Disclaimer: Hetalia no me pertenece es de Hidekaz Himaruya T.T

Advertencia: Posible OoC y comparaciones muy extrañas (?)

Nota de la autora: Es la primera vez que escribo algo de Frandá (fuera de una insinuación), esto es raro, así que no me culpen, y...definitivamente no me inspiré viendo una botella de vino...


Vino

Entre más tiempo se deje reposar un vino, mejor sabor adquiere.

Era totalmente normal que un hombre como Francis, que se dedicaba a disfrutar de los más grandes placeres de la vida, en particular de dos de ellos: el sexo y el vino, hubiese empezado a comparar a sus amantes ocasionales (y a los no tan ocasionales) con el vino.

Y es que su refinado gusto por la bebida era bastante similar a su gusto por los seres hermosos.

Por eso se hallaba tan sorprendido de sí mismo, todos y cada uno de los vinos/cuerpos que había degustado hasta ahora, habían tenido en su momento un sabor exquisito pero que de un momento a otro consiguieron hastiarlo, excepto el que saboreaba ahora.

El adoraba los sabores exóticos, diferentes, por eso se cansaba con facilidad de las cosas.

Pero ahora tenía sed, una sed insaciable, por un mismo cuerpo, por un mismo amante, por el vino más exquisito que había consumido en toda su vida.

Y es que ese condenado sabor era inconcebible, único, tan jodidamente perfecto, simplemente adictivo.

Y Francis moría de sed. Un simple beso lo desarmaba, un sonrojo, una sonrisa, hasta la más mínima caricia.

Y es que esa botella era jodidamente hermosa y a la vez tan frágil. Necesitaba cada uno de sus cuidados, porque eso justamente mejoraba el sabor del licor.

Esa exquisita esencia, si tan solo supiera que su amor era el secreto de aquel sabor tan exquisito e inigualable.

Francia estaba sediento, incluso sentía que moriría de sed, porque tenía el vino más delicioso del mundo en sus manos, y aunque pudiera beber cuanto quisiera de él, hasta hartarse si así lo deseaba, jamás estaba satisfecho.

Durante algún tiempo pensó que el sexo era lo único que necesitaba para vivir, que el repartir amour era el mayor placer existente, pero ciertamente ahora, lo dudaba, Matthew lo hacía dudar, ahora ya no deseaba repartir su amour con el mundo, ya tan solo quería dárselo al canadiense, a su canadiense.

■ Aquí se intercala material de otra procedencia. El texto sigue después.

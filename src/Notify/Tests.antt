-- ===== src/Notify/Tests.antt =====
-- A user who comes back: the first websocket takes one message, the second one the rest.
use assistant_audit.Prelude.{◌≤◌, ◌≡◌, refl, String, none, List, [], ◌∷◌, ◌++◌, arith, length}
use assistant_audit.Notify.Channel.{Call, connect, disconnect, send, run, buffer_event}
use assistant_audit.Notify.Bounded.{run-bounded}
use assistant_audit.Notify.Delivery.{events, run-delivers}

abbrev calls : List (Call String)
calls =
    send 10 "a"
    ∷ send 20 "b"
    ∷ connect 30 1
    ∷ send 40 "c"
    ∷ disconnect
    ∷ connect 50 9
    ∷ send 60 "d"
    ∷ []

-- "a" on the first websocket, the others on the second.
delivered : (run calls (record { socket = none; buffer = [] })).1 ≡ "a" ∷ "b" ∷ "c" ∷ "d" ∷ []
unfolding run buffer_event
delivered = refl

run-delivers_example :
    let r = run calls (record { socket = none; buffer = [] }) in
    r.1 ++ events r.0.buffer ≡ "a" ∷ "b" ∷ "c" ∷ "d" ∷ []
run-delivers_example =
    run-delivers 5 calls
      (
        omega arith,
        omega arith,
        (
          omega arith,
          omega arith,
          (
            omega arith,
            omega arith,
            (omega arith, omega arith, (omega arith, omega arith, (omega arith, omega arith, tt))),
          ),
        ),
      )
      (omega arith)

run-bounded_example : length (run calls (record { socket = none; buffer = [] })).0.buffer ≤ 1000
run-bounded_example = run-bounded calls (record { socket = none; buffer = [] }) (omega arith)
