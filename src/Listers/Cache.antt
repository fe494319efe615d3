-- ===== src/Listers/Cache.antt =====
-- The listers of pkg/listers/networking/v1alpha1/loadbalancer.go over the vendored cache.
use loadbalancer_controller.Common.{
  String, ◌<>◌, Option, none, some, List, [], ◌∷◌, ◌++◌, ◌≡◌, ◌∙◌, map,
}
use loadbalancer_controller.Common.Effects.{
  Error, not_found, Reply, reply, failed, Result, ok, err, panic, blocked,
}
use loadbalancer_controller.Common.GoMap.{GoMap}
use loadbalancer_controller.Api.{LoadBalancer}
use loadbalancer_controller.Cluster.{Obj, load_balancer}
use mathlib.Core.List.{append_assoc, append-nil}

-- `cache.Indexer`: what `ListAll` and `ListAllByNamespace` hand to their function, with their error,
-- and `GetByKey`.
pub record Indexer : Type 0 where
  pub list_all : GoMap → List Obj × Option Error
  pub list_all_by_namespace : String → GoMap → List Obj × Option Error
  pub get_by_key : String → Reply (Option Obj)

-- `loadBalancerList`
pub record LoadBalancerList : Type 0 where
  pub indexer : Indexer

-- `loadBalancerNamespaceLister`
pub record LoadBalancerNamespaceLister : Type 0 where
  pub indexer : Indexer
  pub namespace : String

-- `NewLoadBalancerLister`
abbrev pub new_load_balancer_lister : Indexer → LoadBalancerList
new_load_balancer_lister indexer = record { indexer = indexer }

-- `LoadBalancers`
abbrev pub load_balancers : LoadBalancerList → String → LoadBalancerNamespaceLister
load_balancers s namespace = record { indexer = s.indexer; namespace = namespace }

-- The function that both `List` methods hand to the cache: the load balancers so far and one more
-- object, which panics if it is none.
unfoldable pub append_all : List LoadBalancer → List Obj → Result (List LoadBalancer)
append_all ret [] = ok ret
append_all ret (load_balancer lb ∷ objs) = append_all (ret ++ lb ∷ []) objs
append_all ret (o ∷ objs) = panic

listed : Option Error → Result (List LoadBalancer) → Result (List LoadBalancer × Option Error)
listed e (ok lbs) = ok (lbs, e)
listed e (err x) = err x
listed e panic = panic
listed e blocked = blocked

unfoldable pub list_by : List Obj × Option Error → Result (List LoadBalancer × Option Error)
unfolding append_all listed
list_by (objs, e) = listed e (append_all [] objs)

-- `List` of both listers: what was listed, beside the error.
unfoldable pub list : LoadBalancerList → GoMap → Result (List LoadBalancer × Option Error)
unfolding list_by
list s selector = list_by (s.indexer.list_all selector)

unfoldable pub list_namespaced :
    LoadBalancerNamespaceLister → GoMap → Result (List LoadBalancer × Option Error)
unfolding list_by
list_namespaced s selector = list_by (s.indexer.list_all_by_namespace s.namespace selector)

asserted : Option Obj → Result (Reply LoadBalancer)
asserted none = ok (failed not_found)
asserted (some (load_balancer lb)) = ok (reply lb)
asserted (some o) = panic

got : Reply (Option Obj) → Result (Reply LoadBalancer)
unfolding asserted
got (failed e) = ok (failed e)
got (reply o) = asserted o

-- `Get`
unfoldable pub get : LoadBalancerNamespaceLister → String → Result (Reply LoadBalancer)
unfolding got
get s name = got (s.indexer.get_by_key (s.namespace <> "/" <> name))

append_all-load_balancers :
    (ret lbs : List LoadBalancer) → append_all ret (map load_balancer lbs) ≡ ok (ret ++ lbs)
unfolding append_all
append_all-load_balancers ret [] = rw append-nil
append_all-load_balancers ret (lb ∷ lbs) =
    append_all-load_balancers (ret ++ lb ∷ []) lbs ∙ rw append_assoc

-- A cache of nothing but load balancers is listed in its order, also beside an error.
pub list-load_balancers :
    (indexer : Indexer) (selector : GoMap) (lbs : List LoadBalancer) (e : Option Error)
    → indexer.list_all selector ≡ (map load_balancer lbs, e)
    → list (new_load_balancer_lister indexer) selector ≡ ok (lbs, e)
unfolding list
list-load_balancers indexer selector lbs e holds = rw (holds, append_all-load_balancers [] lbs)
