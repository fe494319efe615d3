-- ===== src/Nginx/ConfigMaps/Merge.antt =====
-- What merge of proxy/proxies/nginx/config.go finds at a key.
use loadbalancer_controller.Common.{
  String, Option, none, some, ◌≡◌, refl, ap, ◌∙◌, Bool-cases, inl, inr,
}
use loadbalancer_controller.Common.{[], ◌∷◌, All, All-mono, ◌==◌, string_eq}
use loadbalancer_controller.Common.GoMap.{
  Entries, GoMap, entries, get, lookup, insert, lookup-insert,
}
use loadbalancer_controller.Nginx.ConfigMaps.{write_all, merge}
use mathlib.Core.Path.{subst}
use text.Mathlib.TextEquality.{eq_iff}

-- No key occurs twice.
abbrev pub HasDistinctKeys : Entries → Type 0
HasDistinctKeys [] = Unit
HasDistinctKeys ((k, v) ∷ es) = (lookup k es ≡ none) × HasDistinctKeys es

-- The value, or else the other one.
abbrev pub or_else : Option String → Option String → Option String
or_else none other = other
or_else (some v) other = some v

or_else-none : (o : Option String) → or_else o none ≡ o
or_else-none none = refl
or_else-none (some v) = refl

pub lookup-write_all :
    (es m : Entries) (key : String)
    → HasDistinctKeys es
    → lookup key (write_all es m) ≡ or_else (lookup key es) (lookup key m)
unfolding write_all lookup
lookup-write_all [] m key d = refl
lookup-write_all ((k, v) ∷ es) m key d = elim (Bool-cases (k == key)) [
  | inl same ↦
      let at : k ≡ key = (eq_iff k key).0 same in
      let fresh : lookup key es ≡ none = subst (λ j. lookup j es ≡ none) at d.0 in
      lookup-write_all es (insert k v m) key d.1 ∙ rw (fresh, lookup-insert m k v key, same)
  | inr differ ↦ lookup-write_all es (insert k v m) key d.1 ∙ rw (lookup-insert m k v key, differ)
]

-- In the merged map of two maps, in neither of which a key occurs twice, a key has the value of
-- the second map, or else that of the first.
pub get-merge :
    (dst src : GoMap) (key : String)
    → HasDistinctKeys (entries dst)
    → HasDistinctKeys (entries src)
    → get key (merge dst src) ≡ or_else (get key src) (get key dst)
unfolding merge lookup
get-merge dst src key d s =
    lookup-write_all (entries src) (write_all (entries dst) []) key s
    ∙ rw (lookup-write_all (entries dst) [] key d, or_else-none (lookup key (entries dst))) refl

-- Writing entries that are there already changes nothing.
insert_same : (key v : String) (m : Entries) → lookup key m ≡ some v → insert key v m ≡ m
unfolding insert lookup
insert_same key v [] e = cc
insert_same key v ((first, x) ∷ m) e = elim (Bool-cases (first == key)) [
  | inl same ↦
      let at : first ≡ key = (eq_iff first key).0 same in
      let found : some x ≡ some v = rw same at e in rw same (cc (at, found))
  | inr differ ↦ rw differ (ap (λ l. (first, x) ∷ l) (insert_same key v m (rw differ at e)))
]

abbrev pub Holds : Entries → Entries → Type 0
Holds es m = All (λ e. lookup e.0 m ≡ some e.1) es

write_all_same : (es m : Entries) → Holds es m → write_all es m ≡ m
unfolding write_all
write_all_same [] m h = refl
write_all_same ((k, v) ∷ es) m h = rw (insert_same k v m h.0) (write_all_same es m h.1)

lookup-older :
    (k v key w : String) (es : Entries)
    → lookup k es ≡ none
    → lookup key es ≡ some w
    → lookup key ((k, v) ∷ es) ≡ some w
unfolding lookup
lookup-older k v key w es fresh p = elim (Bool-cases (k == key)) [
  | inl same ↦ let at : k ≡ key = (eq_iff k key).0 same in cc
  | inr differ ↦ rw differ p
]

Holds-own : (es : Entries) → HasDistinctKeys es → Holds es es
unfolding lookup
Holds-own [] d = tt
Holds-own ((k, v) ∷ es) d = (
  rw ((eq_iff k k).1 refl) refl,
  All-mono es (λ e p. lookup-older k v e.0 e.1 es d.0 p) (Holds-own es d.1),
)

-- A second round of the same writes changes nothing.
pub write_all-again :
    (es m : Entries) → HasDistinctKeys es → write_all es (write_all es m) ≡ write_all es m
write_all-again es m d =
    write_all_same es (write_all es m)
      (All-mono es (λ e p. lookup-write_all es m e.0 d ∙ rw p refl) (Holds-own es d))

Y es que cada beso lo extasiaba, lo llenaba de ansias y de un suave cosquilleo en el estomago cuyo significado no recordaba (aunque tampoco le importaba demasiado), pero que le resultaba extrañamente placentero. Y su palpitar se aceleraba de una forma seguramente anormal, pero cuando estaba con su pequeño nada importaba.

Y cuando le decía "Je t'aime" sentía un ligero ardor en las mejillas, y como si le quitaran el aliento, estaba seguro de que su amante tenía los mismos efectos que el alcohol sobre él, a menudo se repetía que era por eso que no podía evitar responderle ese "yo también" que parecía surgir de su corazón.

Y es que no importa ni importará cuántas veces se lo lleve a la cama, porque aún así no le es suficiente, sigue sintiendo sed de él, de su cuerpo, de sus labios.

Puede hacerle el amor una y otra vez, y si pudiera lo haría más veces de las que ya lo hace, porque ama el hecho en sí, pero sobre todo ama lo que viene después de que sus cuerpos se funden en uno solo. Ama ese rostro sonrojado, esos hermosos ojos violetas, aquellas hebras dorabas que le provocan un leve cosquilleo en el pecho, pero sobretodo, aquellas tímidas manos que forman pequeños círculos en su torso.

Lo ama, por eso Matthew es y seguirá siendo el mejor vino que Francia jamás ha probado.

El vino que más años le tomó atreverse a probar, pero aquel que jamás podrá dejar, ese es Canadá.